Au Mozambique, où depuis 2021 plus de 2 000 soldats rwandais protègent les installations gazières du groupe Total et combattent les islamistes d’Ansar Al Sunnah, membre de l’ISCAP (Province de l’État islamique en Afrique centrale). L’efficacité des troupes de Kigali a permis la récupération des territoires perdus par le gouvernement mozambicain. Cependant, l’insurrection a repris son offensive et fait un retour en force. De ce fait, le Rwanda vient de décider d’envoyer 2 500 hommes supplémentaires et bénéficie du soutien financier de la Commission européenne à hauteur de 21,3 millions d’euros. Profitant de leur « position » dominatrice au niveau du Cabo Delgado, les Rwandais récoltent nombre de contrats dans les domaines de la sécurité, des mines et de l’immobilier.
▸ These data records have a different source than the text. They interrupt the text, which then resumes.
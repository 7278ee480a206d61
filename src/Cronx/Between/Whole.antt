-- ===== src/Cronx/Between/Whole.antt =====
-- The jumps of Between lose nothing: it finds what a scan of every minute finds, and it ends.
use paceq.Base.{
  ℕ, zero, suc, ◌+◌, ◌≤◌, ◌<◌, ◌≡◌, ◌≢◌, refl, ap, Bool, true, false, ◌||◌, inl, inr, [], arith,
}
use paceq.Base.Tests.{if◌then◌else◌, ltb, Bool-cases}
use paceq.Base.Int.{ℤ, ltb_ℤ}
use paceq.Cronx.Wall.{
  WallPoint, Compiled, Walk, found, exhausted, panicked, wall_ordinal, matches, next_after,
  first_at_or_after,
}
use paceq.Cronx.Wall.Carry.{IsWall}
use paceq.Cronx.Wall.Ahead.{InRange}
use paceq.Cronx.Wall.Search.{Answers}
use paceq.Cronx.Wall.Next.{next_after-Answers}
use paceq.Cronx.Wall.Ordinal.{wall_point_of-wall_ordinal}
use paceq.Cronx.Zone.{Zone, Policy, OccKey, key_of}
use paceq.Cronx.Between.{
  complete, truncated, endless, Found, window_at, and_on, walk_window, stop_place, from_first,
  between,
}
use paceq.Cronx.Between.Scan.{MonthsInRange, rest_of}

module _ (tz : Zone) (c : Compiled) (p : Policy) (k : OccKey) (to : ℤ) where
  module _ (range : InRange c) (months : MonthsInRange c) (year stop : ℕ) where
    walk_step :
        (fuel : ℕ) (w : WallPoint)
        → walk_window tz c p (suc fuel) k to year stop w ≡ (
            if ltb (year + 6) w.y || ltb 9999 w.y
            then ([], truncated)
            else if ltb stop (wall_ordinal w)
            then ([], complete)
            else and_on tz c p
                (window_at tz c p k to w)
                (λ n. walk_window tz c p fuel k to year stop n)
                (next_after c w))
    unfolding walk_window
    walk_step fuel w = refl

    Scanned : ℕ → Type 0
    Scanned fuel =
        (w : WallPoint)
        → IsWall w
        → (walk_window tz c p fuel k to year stop w).1 ≡ complete
        → (walk_window tz c p fuel k to year stop w).0 ≡ rest_of tz c p k to stop (wall_ordinal w)

    Ends : ℕ → Type 0
    Ends fuel =
        (w : WallPoint)
        → IsWall w
        → stop + 2 ≤ fuel + wall_ordinal w
        → (walk_window tz c p (suc fuel) k to year stop w).1 ≢ endless

    and_on-Ends :
        (fuel : ℕ) (w : WallPoint) (o : Walk)
        → wall_ordinal w ≤ stop
        → stop + 2 ≤ suc fuel + wall_ordinal w
        → Ends fuel
        → Answers c w o
        → (and_on tz c p
            (window_at tz c p k to w)
            (λ n. walk_window tz c p (suc fuel) k to year stop n)
            o).1
          ≢ endless
    unfolding Ends
    and_on-Ends fuel w (found r) le room ends n = ends r n.wall (omega (arith, n.after))
    and_on-Ends fuel w exhausted le room ends far = λ e. absurd (cc)
    and_on-Ends fuel w panicked le room ends missing = λ e. absurd (cc)

    over_stop :
        (fuel : ℕ) (w : WallPoint)
        → stop < wall_ordinal w
        → (walk_window tz c p (suc fuel) k to year stop w).1 ≢ endless
    over_stop fuel w past = elim (Bool-cases (ltb (year + 6) w.y || ltb 9999 w.y)) [
      | inl over ↦ rw (walk_step fuel w) (rw over λ e. absurd (cc))
      | inr within ↦
          let past' : ltb stop (wall_ordinal w) ≡ true = ground arith in
          rw (walk_step fuel w) (rw (within, past') λ e. absurd (cc))
    ]

    -- It always ends: a round moves on in the timetable.
    walk-Ends : (fuel : ℕ) → Ends fuel
    unfolding Ends
    walk-Ends zero w h room = over_stop zero w (omega arith)
    walk-Ends (suc fuel) w h room = elim (Bool-cases (ltb (year + 6) w.y || ltb 9999 w.y)) [
      | inl over ↦ rw (walk_step (suc fuel) w) (rw over λ e. absurd (cc))
      | inr within ↦ elim (Bool-cases (ltb stop (wall_ordinal w))) [
        | inl past ↦ rw (walk_step (suc fuel) w) (rw (within, past) λ e. absurd (cc))
        | inr before ↦ rw (walk_step (suc fuel) w) (
            rw (within, before)
              (and_on-Ends fuel w (next_after c w) (ground arith) room (walk-Ends fuel)
                (next_after-Answers c w range h)))
      ]
    ]

  module _ (range : InRange c) (months : MonthsInRange c) (stop : ℕ) (start : WallPoint)
      (here : IsWall start) where
    abbrev walk_from : WallPoint → Found
    walk_from w = walk_window tz c p (stop + 2) k to start.y stop w

    first_step :
        first_at_or_after c start ≡ (if matches c start then found start else next_after c start)
    unfolding first_at_or_after
    first_step = refl

    walk_from_ends : (w : WallPoint) → IsWall w → (walk_from w).1 ≢ endless
    unfolding Ends wall_ordinal
    walk_from_ends w h =
        let e : stop + 2 ≡ suc (stop + 1) = omega arith in
        rw e (walk-Ends range months start.y stop (stop + 1) w h (omega arith))

    from_first_ends : (from_first tz c p walk_from (first_at_or_after c start)).1 ≢ endless
    from_first_ends =
        rw first_step
          (go (matches c start) (next_after c start) (next_after-Answers c start range here))
      where
        go :
            (b : Bool) (o : Walk)
            → Answers c start o
            → (from_first tz c p walk_from (if b then found start else o)).1 ≢ endless
        go true o n = walk_from_ends start here
        go false (found r) n = walk_from_ends r n.wall
        go false exhausted n = λ e. absurd (cc)
        go false panicked n = λ e. absurd (cc)

module _ (tz : Zone) (c : Compiled) (p : Policy) (from to : ℤ) where
  abbrev answer_from : WallPoint → Found
  answer_from s =
      from_first tz c p
        (λ w.
          walk_window tz c p (stop_place tz to + 2) (key_of (tz.wall_of from) from) to s.y
            (stop_place tz to) w)
        (first_at_or_after c s)

  between_lem :
      IsWall (tz.wall_of from)
      → ltb_ℤ from to ≡ true
      → between tz c p from to ≡ answer_from (tz.wall_of from)
  unfolding between key_of
  between_lem here after =
      rw after (ap answer_from (wall_point_of-wall_ordinal (tz.wall_of from) here))

between_empty :
    (tz : Zone) (c : Compiled) (p : Policy) (from to : ℤ)
    → ltb_ℤ from to ≡ false
    → (between tz c p from to).1 ≢ endless
unfolding between
between_empty tz c p from to h = rw h λ e. absurd (cc)

-- Between returns on every window, whatever the expression: its loop without a bound ends.
pub between_ends :
    (tz : Zone) (c : Compiled) (p : Policy) (from to : ℤ)
    → InRange c
    → MonthsInRange c
    → IsWall (tz.wall_of from)
    → (between tz c p from to).1 ≢ endless
between_ends tz c p from to range months here = elim (Bool-cases (ltb_ℤ from to)) [
  | inl after ↦ rw (between_lem tz c p from to here after) (
      from_first_ends tz c p (key_of (tz.wall_of from) from) to range months (stop_place tz to)
        (tz.wall_of from) here)
  | inr before ↦ between_empty tz c p from to before
]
Cependant, le terrain de chasse préféré du Bismarck d’Afrique centrale, Paul Kagame, reste et demeure la République démocratique du Congo, changeant ses alliances au gré des retournements politiques et géopolitiques afin de pouvoir poursuivre l’exploitation de l’Est. Tant que les président et gouvernement congolais sont dociles et laissent le Rwanda piller les richesses et gérer la sécurité, les relations sont au beau fixe. Dans le cas contraire, Kagame pousse ses pions – le M23 principalement aujourd’hui – et déstabilise le Congo et l’ensemble de la sous-région.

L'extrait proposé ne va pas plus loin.